WHAT YOU SHOULD DO: Extract, from the records beneath this instruction, each line that contains the word "Arithmetic".

--- RECORDS ---

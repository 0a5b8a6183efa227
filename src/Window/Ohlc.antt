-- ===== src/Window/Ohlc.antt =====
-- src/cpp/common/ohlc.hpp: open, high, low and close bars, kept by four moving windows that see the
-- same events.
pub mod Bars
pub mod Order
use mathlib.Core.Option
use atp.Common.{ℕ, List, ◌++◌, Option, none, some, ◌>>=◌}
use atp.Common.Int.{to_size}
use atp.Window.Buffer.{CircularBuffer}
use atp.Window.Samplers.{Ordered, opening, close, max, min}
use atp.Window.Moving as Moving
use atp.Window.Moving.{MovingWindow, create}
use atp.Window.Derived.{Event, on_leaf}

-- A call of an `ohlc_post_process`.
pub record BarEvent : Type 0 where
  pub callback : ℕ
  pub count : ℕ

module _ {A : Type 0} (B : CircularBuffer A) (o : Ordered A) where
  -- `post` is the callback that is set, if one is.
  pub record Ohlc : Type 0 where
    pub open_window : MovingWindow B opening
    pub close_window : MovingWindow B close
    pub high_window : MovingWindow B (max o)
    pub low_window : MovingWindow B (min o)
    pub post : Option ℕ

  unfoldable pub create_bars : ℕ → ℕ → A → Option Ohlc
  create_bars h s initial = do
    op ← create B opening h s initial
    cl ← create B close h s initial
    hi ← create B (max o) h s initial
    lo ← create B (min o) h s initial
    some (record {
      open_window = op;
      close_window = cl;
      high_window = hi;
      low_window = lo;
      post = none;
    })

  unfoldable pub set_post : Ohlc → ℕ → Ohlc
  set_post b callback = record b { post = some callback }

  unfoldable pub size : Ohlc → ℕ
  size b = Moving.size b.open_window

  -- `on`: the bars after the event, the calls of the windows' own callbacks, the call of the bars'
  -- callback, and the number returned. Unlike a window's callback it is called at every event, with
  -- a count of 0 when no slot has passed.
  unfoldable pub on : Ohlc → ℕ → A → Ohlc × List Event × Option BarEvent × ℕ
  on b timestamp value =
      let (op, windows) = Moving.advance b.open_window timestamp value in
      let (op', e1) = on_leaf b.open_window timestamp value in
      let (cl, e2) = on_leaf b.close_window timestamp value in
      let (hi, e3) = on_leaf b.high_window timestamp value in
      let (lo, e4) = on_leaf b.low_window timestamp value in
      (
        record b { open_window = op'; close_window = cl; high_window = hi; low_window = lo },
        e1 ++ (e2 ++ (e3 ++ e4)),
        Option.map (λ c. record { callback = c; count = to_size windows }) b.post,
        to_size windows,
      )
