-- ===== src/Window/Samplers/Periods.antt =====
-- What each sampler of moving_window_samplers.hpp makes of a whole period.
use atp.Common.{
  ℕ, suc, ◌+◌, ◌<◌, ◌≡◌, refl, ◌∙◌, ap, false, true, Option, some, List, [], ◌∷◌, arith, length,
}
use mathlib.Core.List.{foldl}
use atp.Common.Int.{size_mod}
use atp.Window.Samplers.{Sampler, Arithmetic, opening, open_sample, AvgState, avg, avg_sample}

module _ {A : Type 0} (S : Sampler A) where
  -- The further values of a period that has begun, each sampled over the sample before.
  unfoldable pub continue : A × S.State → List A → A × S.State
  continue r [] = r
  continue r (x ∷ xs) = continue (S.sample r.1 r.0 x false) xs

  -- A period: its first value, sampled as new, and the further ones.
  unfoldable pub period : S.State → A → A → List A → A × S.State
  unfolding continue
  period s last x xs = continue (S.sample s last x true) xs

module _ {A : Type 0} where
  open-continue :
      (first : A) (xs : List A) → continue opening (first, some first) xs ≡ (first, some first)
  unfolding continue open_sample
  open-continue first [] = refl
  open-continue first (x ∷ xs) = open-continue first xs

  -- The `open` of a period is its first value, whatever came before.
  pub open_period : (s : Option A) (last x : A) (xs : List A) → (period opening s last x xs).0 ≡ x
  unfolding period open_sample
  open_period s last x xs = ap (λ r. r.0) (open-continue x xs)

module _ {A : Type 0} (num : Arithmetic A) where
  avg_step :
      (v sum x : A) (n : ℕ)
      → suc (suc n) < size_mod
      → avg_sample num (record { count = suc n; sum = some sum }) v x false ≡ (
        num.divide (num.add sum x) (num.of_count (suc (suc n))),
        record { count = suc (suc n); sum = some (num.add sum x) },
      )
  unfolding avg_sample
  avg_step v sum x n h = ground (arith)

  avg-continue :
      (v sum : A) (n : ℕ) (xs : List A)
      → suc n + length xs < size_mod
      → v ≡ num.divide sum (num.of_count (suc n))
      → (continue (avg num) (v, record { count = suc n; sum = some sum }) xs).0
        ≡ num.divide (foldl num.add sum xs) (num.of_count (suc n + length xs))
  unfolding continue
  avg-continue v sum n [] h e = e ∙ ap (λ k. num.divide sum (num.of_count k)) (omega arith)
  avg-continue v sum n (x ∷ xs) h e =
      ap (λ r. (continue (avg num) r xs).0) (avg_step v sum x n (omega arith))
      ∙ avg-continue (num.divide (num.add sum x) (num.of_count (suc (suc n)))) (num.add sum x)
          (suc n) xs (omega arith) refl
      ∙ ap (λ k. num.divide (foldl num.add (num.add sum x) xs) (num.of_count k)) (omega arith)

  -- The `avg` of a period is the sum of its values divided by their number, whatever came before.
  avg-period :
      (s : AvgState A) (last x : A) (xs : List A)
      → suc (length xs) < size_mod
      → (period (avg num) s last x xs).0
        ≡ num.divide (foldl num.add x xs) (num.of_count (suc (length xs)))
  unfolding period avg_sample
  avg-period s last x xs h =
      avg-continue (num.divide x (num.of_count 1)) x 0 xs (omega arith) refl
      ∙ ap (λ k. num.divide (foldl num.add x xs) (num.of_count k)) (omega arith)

---

ANSWER AREA:
use atp.Window.Samplers.{Sampler, Arithmetic, opening, open_sample, AvgState, avg, avg_sample}
module _ {A : Type 0} (num : Arithmetic A) where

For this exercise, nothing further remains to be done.